╭─ Records to use

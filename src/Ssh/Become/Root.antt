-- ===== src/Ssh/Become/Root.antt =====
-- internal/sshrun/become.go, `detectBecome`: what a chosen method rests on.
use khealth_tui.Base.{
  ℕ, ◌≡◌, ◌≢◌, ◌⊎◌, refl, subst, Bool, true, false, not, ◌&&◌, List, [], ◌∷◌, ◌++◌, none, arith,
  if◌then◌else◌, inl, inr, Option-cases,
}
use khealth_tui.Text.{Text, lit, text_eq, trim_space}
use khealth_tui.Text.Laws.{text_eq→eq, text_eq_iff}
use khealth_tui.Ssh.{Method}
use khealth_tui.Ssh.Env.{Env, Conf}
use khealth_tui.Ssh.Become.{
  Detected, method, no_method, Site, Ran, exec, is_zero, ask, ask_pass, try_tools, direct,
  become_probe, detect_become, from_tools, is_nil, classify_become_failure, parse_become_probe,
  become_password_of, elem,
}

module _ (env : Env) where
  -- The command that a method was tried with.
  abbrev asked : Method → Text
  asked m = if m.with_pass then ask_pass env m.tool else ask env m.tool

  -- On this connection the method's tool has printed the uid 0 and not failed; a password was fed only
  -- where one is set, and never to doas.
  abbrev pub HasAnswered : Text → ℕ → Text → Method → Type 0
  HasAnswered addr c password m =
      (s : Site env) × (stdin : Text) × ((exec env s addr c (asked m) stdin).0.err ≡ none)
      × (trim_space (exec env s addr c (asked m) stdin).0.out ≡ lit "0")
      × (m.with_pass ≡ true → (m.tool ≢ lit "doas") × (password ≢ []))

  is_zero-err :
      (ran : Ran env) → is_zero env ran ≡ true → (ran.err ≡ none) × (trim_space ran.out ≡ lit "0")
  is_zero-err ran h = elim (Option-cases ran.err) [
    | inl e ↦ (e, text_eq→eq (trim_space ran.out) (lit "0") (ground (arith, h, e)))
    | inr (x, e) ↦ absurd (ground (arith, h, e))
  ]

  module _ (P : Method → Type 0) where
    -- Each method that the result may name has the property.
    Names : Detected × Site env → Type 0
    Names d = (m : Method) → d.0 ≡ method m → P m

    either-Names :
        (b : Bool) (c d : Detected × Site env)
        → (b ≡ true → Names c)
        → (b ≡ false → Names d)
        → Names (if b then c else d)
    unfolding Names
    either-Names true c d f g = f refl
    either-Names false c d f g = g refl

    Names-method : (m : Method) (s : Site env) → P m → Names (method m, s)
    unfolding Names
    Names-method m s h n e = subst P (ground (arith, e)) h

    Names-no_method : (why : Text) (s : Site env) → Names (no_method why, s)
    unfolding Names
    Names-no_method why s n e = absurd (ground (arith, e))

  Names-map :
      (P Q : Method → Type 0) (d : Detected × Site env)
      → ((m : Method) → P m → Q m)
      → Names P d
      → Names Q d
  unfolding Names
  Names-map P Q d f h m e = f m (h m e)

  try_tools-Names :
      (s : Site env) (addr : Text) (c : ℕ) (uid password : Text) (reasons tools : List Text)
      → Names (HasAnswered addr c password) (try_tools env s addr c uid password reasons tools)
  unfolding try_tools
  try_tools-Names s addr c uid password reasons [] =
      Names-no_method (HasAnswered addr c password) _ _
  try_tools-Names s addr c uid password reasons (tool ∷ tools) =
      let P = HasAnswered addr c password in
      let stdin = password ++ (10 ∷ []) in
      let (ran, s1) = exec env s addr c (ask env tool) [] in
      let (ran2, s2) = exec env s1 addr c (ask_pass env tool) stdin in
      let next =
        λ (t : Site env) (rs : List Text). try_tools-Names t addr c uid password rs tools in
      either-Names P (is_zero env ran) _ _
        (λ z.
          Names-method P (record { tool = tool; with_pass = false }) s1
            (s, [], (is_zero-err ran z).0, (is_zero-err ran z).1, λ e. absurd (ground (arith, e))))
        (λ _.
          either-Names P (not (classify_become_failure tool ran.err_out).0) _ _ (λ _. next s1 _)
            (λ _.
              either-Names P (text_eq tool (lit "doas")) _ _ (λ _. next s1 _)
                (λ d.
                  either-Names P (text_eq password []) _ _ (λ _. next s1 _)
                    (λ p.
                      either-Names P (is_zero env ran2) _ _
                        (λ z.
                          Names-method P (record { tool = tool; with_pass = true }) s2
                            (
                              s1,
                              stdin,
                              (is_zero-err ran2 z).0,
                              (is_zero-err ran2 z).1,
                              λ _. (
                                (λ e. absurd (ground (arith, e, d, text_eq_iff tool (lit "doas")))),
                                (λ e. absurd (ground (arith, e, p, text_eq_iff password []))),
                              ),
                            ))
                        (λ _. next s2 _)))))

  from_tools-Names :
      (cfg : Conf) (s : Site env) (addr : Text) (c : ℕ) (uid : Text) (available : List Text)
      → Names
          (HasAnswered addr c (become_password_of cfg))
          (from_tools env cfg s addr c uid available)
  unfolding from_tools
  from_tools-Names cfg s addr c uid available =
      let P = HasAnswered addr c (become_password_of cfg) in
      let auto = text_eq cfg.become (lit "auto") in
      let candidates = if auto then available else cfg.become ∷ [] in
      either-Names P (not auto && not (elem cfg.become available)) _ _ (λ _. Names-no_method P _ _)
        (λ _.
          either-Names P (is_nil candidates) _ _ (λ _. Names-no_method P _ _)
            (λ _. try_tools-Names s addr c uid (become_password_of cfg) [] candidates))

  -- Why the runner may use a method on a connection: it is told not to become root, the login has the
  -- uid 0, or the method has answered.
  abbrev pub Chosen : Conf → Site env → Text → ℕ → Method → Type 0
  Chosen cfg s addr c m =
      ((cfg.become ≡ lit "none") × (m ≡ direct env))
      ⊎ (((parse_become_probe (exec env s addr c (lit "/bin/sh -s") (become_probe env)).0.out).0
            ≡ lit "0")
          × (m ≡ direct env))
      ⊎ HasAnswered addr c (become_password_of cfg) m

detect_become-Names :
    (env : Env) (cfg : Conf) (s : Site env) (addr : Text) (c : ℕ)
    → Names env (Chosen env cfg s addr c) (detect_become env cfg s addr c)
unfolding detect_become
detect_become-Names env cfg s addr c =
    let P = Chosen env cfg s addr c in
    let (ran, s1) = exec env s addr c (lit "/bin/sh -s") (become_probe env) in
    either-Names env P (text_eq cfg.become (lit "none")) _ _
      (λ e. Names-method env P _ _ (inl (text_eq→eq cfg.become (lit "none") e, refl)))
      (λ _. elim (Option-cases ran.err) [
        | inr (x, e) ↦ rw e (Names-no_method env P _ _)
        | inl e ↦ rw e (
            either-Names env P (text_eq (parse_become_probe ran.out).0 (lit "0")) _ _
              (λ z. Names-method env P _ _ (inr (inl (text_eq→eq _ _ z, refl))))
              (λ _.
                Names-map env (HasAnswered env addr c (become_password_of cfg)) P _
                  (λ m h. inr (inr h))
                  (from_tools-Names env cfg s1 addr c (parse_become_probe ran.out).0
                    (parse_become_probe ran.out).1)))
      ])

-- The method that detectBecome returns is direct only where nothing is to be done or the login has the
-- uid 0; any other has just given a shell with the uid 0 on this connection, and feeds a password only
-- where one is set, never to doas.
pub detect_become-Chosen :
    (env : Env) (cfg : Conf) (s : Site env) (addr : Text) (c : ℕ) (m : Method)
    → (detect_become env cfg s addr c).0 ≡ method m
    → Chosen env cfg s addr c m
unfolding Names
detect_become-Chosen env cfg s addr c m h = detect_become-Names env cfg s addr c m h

╰─
╭─ Records to use

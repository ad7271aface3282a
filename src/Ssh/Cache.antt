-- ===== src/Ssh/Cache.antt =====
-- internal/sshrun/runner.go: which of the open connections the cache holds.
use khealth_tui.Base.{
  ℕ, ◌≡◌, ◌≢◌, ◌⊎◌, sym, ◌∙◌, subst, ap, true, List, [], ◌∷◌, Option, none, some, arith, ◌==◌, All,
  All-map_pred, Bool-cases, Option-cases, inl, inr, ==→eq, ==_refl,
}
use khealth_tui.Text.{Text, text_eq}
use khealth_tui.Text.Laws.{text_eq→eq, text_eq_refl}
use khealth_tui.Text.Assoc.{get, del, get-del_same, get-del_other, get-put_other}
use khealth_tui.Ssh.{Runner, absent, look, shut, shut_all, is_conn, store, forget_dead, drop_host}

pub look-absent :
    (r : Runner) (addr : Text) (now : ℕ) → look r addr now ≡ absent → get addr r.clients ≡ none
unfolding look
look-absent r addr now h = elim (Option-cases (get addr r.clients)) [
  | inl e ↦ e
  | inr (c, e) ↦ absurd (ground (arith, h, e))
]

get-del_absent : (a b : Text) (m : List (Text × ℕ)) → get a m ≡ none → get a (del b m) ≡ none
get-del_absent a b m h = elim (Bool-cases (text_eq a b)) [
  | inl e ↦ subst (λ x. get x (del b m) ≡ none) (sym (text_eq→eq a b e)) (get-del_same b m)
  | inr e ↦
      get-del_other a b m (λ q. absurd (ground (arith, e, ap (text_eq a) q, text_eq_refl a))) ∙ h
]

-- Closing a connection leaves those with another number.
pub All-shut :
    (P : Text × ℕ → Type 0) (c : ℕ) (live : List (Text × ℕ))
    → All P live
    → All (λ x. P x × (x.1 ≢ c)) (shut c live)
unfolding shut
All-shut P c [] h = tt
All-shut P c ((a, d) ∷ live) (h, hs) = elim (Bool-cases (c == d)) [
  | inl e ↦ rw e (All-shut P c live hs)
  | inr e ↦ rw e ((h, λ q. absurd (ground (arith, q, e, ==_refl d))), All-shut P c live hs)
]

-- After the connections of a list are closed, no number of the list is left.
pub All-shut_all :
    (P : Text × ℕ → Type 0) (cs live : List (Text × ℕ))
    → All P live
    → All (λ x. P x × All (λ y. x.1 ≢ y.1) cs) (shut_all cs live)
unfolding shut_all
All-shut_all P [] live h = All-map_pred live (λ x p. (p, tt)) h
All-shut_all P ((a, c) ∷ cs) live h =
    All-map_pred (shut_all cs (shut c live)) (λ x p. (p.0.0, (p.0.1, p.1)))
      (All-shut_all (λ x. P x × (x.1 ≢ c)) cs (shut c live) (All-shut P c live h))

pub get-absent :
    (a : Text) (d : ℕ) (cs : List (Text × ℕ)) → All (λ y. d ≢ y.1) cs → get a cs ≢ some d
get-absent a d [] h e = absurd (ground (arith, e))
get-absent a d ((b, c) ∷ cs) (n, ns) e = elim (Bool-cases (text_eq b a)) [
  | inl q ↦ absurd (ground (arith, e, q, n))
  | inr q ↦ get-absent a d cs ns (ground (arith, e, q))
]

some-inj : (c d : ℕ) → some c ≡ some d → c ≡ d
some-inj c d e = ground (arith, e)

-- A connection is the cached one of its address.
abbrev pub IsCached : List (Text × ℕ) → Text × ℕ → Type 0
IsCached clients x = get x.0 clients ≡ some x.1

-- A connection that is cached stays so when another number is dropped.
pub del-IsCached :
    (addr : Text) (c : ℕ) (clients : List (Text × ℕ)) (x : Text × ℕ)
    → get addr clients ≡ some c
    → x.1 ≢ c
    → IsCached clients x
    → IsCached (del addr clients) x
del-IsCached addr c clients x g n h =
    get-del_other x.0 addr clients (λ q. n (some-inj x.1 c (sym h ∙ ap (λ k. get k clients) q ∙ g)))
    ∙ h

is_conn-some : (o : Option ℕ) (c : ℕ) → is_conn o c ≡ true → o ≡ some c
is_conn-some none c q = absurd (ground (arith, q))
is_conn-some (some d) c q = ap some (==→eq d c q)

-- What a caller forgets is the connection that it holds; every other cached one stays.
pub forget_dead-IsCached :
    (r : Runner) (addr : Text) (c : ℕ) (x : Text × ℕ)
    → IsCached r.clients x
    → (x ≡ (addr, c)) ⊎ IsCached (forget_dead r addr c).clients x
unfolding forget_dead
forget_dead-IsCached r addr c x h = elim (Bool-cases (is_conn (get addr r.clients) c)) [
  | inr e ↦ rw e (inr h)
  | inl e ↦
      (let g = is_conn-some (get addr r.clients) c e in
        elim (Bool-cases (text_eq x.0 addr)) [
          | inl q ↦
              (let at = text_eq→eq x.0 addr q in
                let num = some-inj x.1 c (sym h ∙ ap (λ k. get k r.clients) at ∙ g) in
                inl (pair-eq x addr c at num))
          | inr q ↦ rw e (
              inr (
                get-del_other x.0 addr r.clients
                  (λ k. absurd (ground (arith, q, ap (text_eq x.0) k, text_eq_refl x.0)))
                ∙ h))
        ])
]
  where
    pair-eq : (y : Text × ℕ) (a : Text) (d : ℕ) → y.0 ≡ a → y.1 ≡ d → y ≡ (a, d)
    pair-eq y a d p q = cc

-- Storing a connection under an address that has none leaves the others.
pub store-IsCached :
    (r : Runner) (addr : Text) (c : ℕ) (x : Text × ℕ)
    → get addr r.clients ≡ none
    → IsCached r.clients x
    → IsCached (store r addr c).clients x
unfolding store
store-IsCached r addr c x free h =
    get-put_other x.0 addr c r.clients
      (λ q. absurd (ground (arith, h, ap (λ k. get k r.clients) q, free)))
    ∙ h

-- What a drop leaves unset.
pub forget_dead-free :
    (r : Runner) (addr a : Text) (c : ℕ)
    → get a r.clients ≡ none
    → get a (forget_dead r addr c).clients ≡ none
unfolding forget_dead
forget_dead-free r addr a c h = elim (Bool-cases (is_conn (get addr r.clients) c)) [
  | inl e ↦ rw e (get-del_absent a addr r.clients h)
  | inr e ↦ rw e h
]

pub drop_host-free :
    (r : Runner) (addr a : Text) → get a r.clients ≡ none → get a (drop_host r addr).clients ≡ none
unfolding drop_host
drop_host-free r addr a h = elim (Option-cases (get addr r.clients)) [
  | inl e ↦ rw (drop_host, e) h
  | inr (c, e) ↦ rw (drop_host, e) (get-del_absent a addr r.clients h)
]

╰─
╭─ Records to use

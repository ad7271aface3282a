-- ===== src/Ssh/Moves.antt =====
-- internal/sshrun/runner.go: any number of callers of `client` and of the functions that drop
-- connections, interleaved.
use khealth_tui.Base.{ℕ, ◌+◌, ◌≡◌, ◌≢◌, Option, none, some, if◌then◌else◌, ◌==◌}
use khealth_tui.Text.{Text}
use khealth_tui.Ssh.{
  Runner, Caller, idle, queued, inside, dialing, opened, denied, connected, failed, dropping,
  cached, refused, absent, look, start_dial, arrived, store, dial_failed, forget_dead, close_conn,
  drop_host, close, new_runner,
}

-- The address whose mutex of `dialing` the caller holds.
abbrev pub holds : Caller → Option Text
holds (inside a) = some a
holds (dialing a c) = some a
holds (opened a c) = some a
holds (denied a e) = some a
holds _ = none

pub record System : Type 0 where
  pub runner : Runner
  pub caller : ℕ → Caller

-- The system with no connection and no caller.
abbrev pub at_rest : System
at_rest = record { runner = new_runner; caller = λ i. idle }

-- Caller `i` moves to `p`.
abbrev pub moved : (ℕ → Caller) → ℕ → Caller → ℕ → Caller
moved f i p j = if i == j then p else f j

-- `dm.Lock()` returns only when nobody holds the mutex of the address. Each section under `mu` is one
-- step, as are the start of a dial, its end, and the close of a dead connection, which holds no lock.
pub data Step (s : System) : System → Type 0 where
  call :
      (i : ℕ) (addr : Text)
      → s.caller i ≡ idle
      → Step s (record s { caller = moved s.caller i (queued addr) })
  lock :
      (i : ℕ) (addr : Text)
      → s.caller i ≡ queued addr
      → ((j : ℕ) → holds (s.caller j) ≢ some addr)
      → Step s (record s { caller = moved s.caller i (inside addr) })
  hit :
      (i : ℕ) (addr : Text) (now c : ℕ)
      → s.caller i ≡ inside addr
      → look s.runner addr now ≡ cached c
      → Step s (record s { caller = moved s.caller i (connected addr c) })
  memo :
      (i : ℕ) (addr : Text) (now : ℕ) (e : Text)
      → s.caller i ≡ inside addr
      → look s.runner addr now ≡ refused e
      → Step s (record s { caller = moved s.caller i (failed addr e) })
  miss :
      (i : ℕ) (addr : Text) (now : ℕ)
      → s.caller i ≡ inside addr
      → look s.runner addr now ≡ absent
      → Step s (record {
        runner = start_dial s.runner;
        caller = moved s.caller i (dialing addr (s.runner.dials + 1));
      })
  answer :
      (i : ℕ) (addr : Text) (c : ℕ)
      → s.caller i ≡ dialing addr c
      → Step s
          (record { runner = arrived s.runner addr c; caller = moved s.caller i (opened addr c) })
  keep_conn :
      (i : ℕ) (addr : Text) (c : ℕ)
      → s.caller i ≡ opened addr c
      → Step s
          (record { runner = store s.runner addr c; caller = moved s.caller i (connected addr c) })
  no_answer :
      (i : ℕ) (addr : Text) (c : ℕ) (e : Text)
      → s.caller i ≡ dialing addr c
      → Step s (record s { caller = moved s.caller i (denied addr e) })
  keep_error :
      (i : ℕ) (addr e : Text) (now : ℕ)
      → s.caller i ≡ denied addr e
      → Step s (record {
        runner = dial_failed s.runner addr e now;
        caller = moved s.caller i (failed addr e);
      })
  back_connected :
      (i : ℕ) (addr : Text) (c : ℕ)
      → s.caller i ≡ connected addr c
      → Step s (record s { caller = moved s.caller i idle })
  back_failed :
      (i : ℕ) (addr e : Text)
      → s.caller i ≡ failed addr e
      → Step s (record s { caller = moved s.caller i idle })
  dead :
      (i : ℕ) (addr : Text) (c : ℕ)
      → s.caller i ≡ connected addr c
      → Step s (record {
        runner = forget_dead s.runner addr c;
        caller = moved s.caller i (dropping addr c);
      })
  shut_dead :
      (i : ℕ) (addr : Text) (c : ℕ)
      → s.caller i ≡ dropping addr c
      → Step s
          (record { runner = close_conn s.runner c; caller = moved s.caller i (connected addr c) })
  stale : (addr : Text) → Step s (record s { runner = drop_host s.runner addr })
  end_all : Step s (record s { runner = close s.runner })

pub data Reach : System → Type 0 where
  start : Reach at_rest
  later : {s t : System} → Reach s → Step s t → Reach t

╰─

Problem description: Transcribe, exactly and without additions, the lines of the records above, beginning with the line that contains "-- A connection is" and ending with the line that contains "del-IsCached addr c", both included.

Written solution:
-- A connection is the cached one of its address.
abbrev pub IsCached : List (Text × ℕ) → Text × ℕ → Type 0
IsCached clients x = get x.0 clients ≡ some x.1

-- A connection that is cached stays so when another number is dropped.
pub del-IsCached :
    (addr : Text) (c : ℕ) (clients : List (Text × ℕ)) (x : Text × ℕ)
    → get addr clients ≡ some c
    → x.1 ≢ c
    → IsCached clients x
    → IsCached (del addr clients) x
del-IsCached addr c clients x g n h =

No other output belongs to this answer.